*Aim of the task*:
After reading the records, print them all again exactly as they stand.
——
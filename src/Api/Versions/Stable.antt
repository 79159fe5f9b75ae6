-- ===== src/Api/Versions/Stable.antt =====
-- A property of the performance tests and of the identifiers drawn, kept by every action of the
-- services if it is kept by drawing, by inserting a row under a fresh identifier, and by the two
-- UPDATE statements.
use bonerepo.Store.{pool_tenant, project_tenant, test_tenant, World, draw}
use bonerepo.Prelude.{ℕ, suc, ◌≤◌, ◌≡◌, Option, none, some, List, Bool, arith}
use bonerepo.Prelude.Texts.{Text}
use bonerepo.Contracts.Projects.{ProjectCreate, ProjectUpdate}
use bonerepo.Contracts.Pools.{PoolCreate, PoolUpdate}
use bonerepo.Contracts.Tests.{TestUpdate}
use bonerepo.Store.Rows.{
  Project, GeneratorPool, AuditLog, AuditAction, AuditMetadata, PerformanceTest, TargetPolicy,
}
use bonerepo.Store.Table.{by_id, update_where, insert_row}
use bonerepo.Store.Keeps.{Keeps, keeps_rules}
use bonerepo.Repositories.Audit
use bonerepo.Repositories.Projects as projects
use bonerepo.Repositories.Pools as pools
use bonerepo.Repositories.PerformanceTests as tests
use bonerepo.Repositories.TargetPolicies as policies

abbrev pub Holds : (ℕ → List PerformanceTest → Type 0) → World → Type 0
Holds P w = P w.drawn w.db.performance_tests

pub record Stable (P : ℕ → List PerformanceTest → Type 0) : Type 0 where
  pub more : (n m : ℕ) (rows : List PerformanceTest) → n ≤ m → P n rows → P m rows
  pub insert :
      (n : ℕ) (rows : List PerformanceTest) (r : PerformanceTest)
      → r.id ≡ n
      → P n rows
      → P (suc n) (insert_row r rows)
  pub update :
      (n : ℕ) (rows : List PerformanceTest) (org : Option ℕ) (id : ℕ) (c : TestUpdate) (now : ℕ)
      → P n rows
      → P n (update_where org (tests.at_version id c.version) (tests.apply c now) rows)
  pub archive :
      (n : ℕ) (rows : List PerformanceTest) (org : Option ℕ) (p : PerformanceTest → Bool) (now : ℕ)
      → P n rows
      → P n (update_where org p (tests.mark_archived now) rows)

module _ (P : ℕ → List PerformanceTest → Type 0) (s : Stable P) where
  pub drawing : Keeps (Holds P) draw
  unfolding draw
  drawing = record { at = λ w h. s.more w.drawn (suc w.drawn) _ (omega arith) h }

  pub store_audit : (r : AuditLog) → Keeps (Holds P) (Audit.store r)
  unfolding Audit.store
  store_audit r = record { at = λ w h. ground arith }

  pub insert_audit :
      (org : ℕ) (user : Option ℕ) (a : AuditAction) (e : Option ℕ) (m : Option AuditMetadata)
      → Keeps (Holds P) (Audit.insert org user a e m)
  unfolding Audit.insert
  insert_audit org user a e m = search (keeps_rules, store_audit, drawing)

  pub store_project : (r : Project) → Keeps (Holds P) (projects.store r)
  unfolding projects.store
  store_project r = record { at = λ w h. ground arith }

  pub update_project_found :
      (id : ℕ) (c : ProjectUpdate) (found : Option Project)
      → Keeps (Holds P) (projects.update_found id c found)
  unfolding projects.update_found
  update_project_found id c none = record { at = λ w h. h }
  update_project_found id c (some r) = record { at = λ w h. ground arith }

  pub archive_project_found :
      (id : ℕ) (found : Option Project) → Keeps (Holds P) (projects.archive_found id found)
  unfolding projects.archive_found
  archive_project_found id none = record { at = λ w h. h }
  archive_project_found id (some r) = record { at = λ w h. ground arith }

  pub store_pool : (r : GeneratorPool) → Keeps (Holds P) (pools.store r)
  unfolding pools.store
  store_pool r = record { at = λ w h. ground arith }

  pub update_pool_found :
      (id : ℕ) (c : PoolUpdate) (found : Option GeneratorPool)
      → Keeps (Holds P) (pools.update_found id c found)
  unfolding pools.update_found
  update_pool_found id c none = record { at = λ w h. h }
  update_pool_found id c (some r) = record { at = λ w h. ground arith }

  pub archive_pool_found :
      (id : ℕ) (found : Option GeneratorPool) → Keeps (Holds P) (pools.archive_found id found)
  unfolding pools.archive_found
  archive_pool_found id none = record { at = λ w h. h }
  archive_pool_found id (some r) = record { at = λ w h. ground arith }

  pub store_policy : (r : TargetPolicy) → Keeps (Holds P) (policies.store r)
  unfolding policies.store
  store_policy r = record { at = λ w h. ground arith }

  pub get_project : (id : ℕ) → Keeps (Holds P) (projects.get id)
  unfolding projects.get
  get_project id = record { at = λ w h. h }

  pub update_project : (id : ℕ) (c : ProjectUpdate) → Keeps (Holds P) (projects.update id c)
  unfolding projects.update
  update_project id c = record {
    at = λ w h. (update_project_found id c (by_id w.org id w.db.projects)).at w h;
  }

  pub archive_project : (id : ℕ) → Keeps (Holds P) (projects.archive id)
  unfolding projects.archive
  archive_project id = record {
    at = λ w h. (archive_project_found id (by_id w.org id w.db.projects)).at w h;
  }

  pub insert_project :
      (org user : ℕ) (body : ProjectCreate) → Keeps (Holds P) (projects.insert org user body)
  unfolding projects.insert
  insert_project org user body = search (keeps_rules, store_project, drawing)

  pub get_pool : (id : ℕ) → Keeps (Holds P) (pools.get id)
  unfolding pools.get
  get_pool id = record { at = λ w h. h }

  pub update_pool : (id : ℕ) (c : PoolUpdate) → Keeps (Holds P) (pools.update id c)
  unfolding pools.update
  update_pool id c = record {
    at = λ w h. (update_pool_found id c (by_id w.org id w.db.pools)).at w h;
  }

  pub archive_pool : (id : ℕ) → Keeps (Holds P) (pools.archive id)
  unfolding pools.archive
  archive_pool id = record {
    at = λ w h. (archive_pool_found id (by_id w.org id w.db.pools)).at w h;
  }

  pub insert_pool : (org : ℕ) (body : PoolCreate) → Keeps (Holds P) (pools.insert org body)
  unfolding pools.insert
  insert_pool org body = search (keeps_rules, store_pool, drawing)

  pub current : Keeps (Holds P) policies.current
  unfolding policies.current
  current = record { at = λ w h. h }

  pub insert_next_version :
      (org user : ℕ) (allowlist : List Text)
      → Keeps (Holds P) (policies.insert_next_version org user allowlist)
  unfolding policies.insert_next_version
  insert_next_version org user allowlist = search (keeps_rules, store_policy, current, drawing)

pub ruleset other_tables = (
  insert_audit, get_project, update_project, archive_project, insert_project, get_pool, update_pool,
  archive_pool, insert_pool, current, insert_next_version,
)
——
*Your solution*:
filename src/Api/Versions/Stable.antt
repository 79159fe5f9b75ae6
-- ===== src/Api/Versions/Stable.antt =====
-- A property of the performance tests and of the identifiers drawn, kept by every action of the
-- services if it is kept by drawing, by inserting a row under a fresh identifier, and by the two
-- UPDATE statements.
use bonerepo.Store.{pool_tenant, project_tenant, test_tenant, World, draw}
use bonerepo.Prelude.{ℕ, suc, ◌≤◌, ◌≡◌, Option, none, some, List, Bool, arith}
use bonerepo.Prelude.Texts.{Text}
use bonerepo.Contracts.Projects.{ProjectCreate, ProjectUpdate}
use bonerepo.Contracts.Pools.{PoolCreate, PoolUpdate}
use bonerepo.Contracts.Tests.{TestUpdate}
use bonerepo.Store.Rows.{
  Project, GeneratorPool, AuditLog, AuditAction, AuditMetadata, PerformanceTest, TargetPolicy,
}
use bonerepo.Store.Table.{by_id, update_where, insert_row}
use bonerepo.Store.Keeps.{Keeps, keeps_rules}
use bonerepo.Repositories.Audit
use bonerepo.Repositories.Projects as projects
use bonerepo.Repositories.Pools as pools
use bonerepo.Repositories.PerformanceTests as tests
use bonerepo.Repositories.TargetPolicies as policies

abbrev pub Holds : (ℕ → List PerformanceTest → Type 0) → World → Type 0
Holds P w = P w.drawn w.db.performance_tests

pub record Stable (P : ℕ → List PerformanceTest → Type 0) : Type 0 where
  pub more : (n m : ℕ) (rows : List PerformanceTest) → n ≤ m → P n rows → P m rows
  pub insert :
      (n : ℕ) (rows : List PerformanceTest) (r : PerformanceTest)
      → r.id ≡ n
      → P n rows
      → P (suc n) (insert_row r rows)
  pub update :
      (n : ℕ) (rows : List PerformanceTest) (org : Option ℕ) (id : ℕ) (c : TestUpdate) (now : ℕ)
      → P n rows
      → P n (update_where org (tests.at_version id c.version) (tests.apply c now) rows)
  pub archive :
      (n : ℕ) (rows : List PerformanceTest) (org : Option ℕ) (p : PerformanceTest → Bool) (now : ℕ)
      → P n rows
      → P n (update_where org p (tests.mark_archived now) rows)

module _ (P : ℕ → List PerformanceTest → Type 0) (s : Stable P) where
  pub drawing : Keeps (Holds P) draw
  unfolding draw
  drawing = record { at = λ w h. s.more w.drawn (suc w.drawn) _ (omega arith) h }

  pub store_audit : (r : AuditLog) → Keeps (Holds P) (Audit.store r)
  unfolding Audit.store
  store_audit r = record { at = λ w h. ground arith }

  pub insert_audit :
      (org : ℕ) (user : Option ℕ) (a : AuditAction) (e : Option ℕ) (m : Option AuditMetadata)
      → Keeps (Holds P) (Audit.insert org user a e m)
  unfolding Audit.insert
  insert_audit org user a e m = search (keeps_rules, store_audit, drawing)

  pub store_project : (r : Project) → Keeps (Holds P) (projects.store r)
  unfolding projects.store
  store_project r = record { at = λ w h. ground arith }

  pub update_project_found :
      (id : ℕ) (c : ProjectUpdate) (found : Option Project)
      → Keeps (Holds P) (projects.update_found id c found)
  unfolding projects.update_found
  update_project_found id c none = record { at = λ w h. h }
  update_project_found id c (some r) = record { at = λ w h. ground arith }

  pub archive_project_found :
      (id : ℕ) (found : Option Project) → Keeps (Holds P) (projects.archive_found id found)
  unfolding projects.archive_found
  archive_project_found id none = record { at = λ w h. h }
  archive_project_found id (some r) = record { at = λ w h. ground arith }

  pub store_pool : (r : GeneratorPool) → Keeps (Holds P) (pools.store r)
  unfolding pools.store
  store_pool r = record { at = λ w h. ground arith }

  pub update_pool_found :
      (id : ℕ) (c : PoolUpdate) (found : Option GeneratorPool)
      → Keeps (Holds P) (pools.update_found id c found)
  unfolding pools.update_found
  update_pool_found id c none = record { at = λ w h. h }
  update_pool_found id c (some r) = record { at = λ w h. ground arith }

  pub archive_pool_found :
      (id : ℕ) (found : Option GeneratorPool) → Keeps (Holds P) (pools.archive_found id found)
  unfolding pools.archive_found
  archive_pool_found id none = record { at = λ w h. h }
  archive_pool_found id (some r) = record { at = λ w h. ground arith }

  pub store_policy : (r : TargetPolicy) → Keeps (Holds P) (policies.store r)
  unfolding policies.store
  store_policy r = record { at = λ w h. ground arith }

  pub get_project : (id : ℕ) → Keeps (Holds P) (projects.get id)
  unfolding projects.get
  get_project id = record { at = λ w h. h }

  pub update_project : (id : ℕ) (c : ProjectUpdate) → Keeps (Holds P) (projects.update id c)
  unfolding projects.update
  update_project id c = record {
    at = λ w h. (update_project_found id c (by_id w.org id w.db.projects)).at w h;
  }

  pub archive_project : (id : ℕ) → Keeps (Holds P) (projects.archive id)
  unfolding projects.archive
  archive_project id = record {
    at = λ w h. (archive_project_found id (by_id w.org id w.db.projects)).at w h;
  }

  pub insert_project :
      (org user : ℕ) (body : ProjectCreate) → Keeps (Holds P) (projects.insert org user body)
  unfolding projects.insert
  insert_project org user body = search (keeps_rules, store_project, drawing)

  pub get_pool : (id : ℕ) → Keeps (Holds P) (pools.get id)
  unfolding pools.get
  get_pool id = record { at = λ w h. h }

  pub update_pool : (id : ℕ) (c : PoolUpdate) → Keeps (Holds P) (pools.update id c)
  unfolding pools.update
  update_pool id c = record {
    at = λ w h. (update_pool_found id c (by_id w.org id w.db.pools)).at w h;
  }

  pub archive_pool : (id : ℕ) → Keeps (Holds P) (pools.archive id)
  unfolding pools.archive
  archive_pool id = record {
    at = λ w h. (archive_pool_found id (by_id w.org id w.db.pools)).at w h;
  }

  pub insert_pool : (org : ℕ) (body : PoolCreate) → Keeps (Holds P) (pools.insert org body)
  unfolding pools.insert
  insert_pool org body = search (keeps_rules, store_pool, drawing)

  pub current : Keeps (Holds P) policies.current
  unfolding policies.current
  current = record { at = λ w h. h }

  pub insert_next_version :
      (org user : ℕ) (allowlist : List Text)
      → Keeps (Holds P) (policies.insert_next_version org user allowlist)
  unfolding policies.insert_next_version
  insert_next_version org user allowlist = search (keeps_rules, store_policy, current, drawing)

pub ruleset other_tables = (
  insert_audit, get_project, update_project, archive_project, insert_project, get_pool, update_pool,
  archive_pool, insert_pool, current, insert_next_version,
)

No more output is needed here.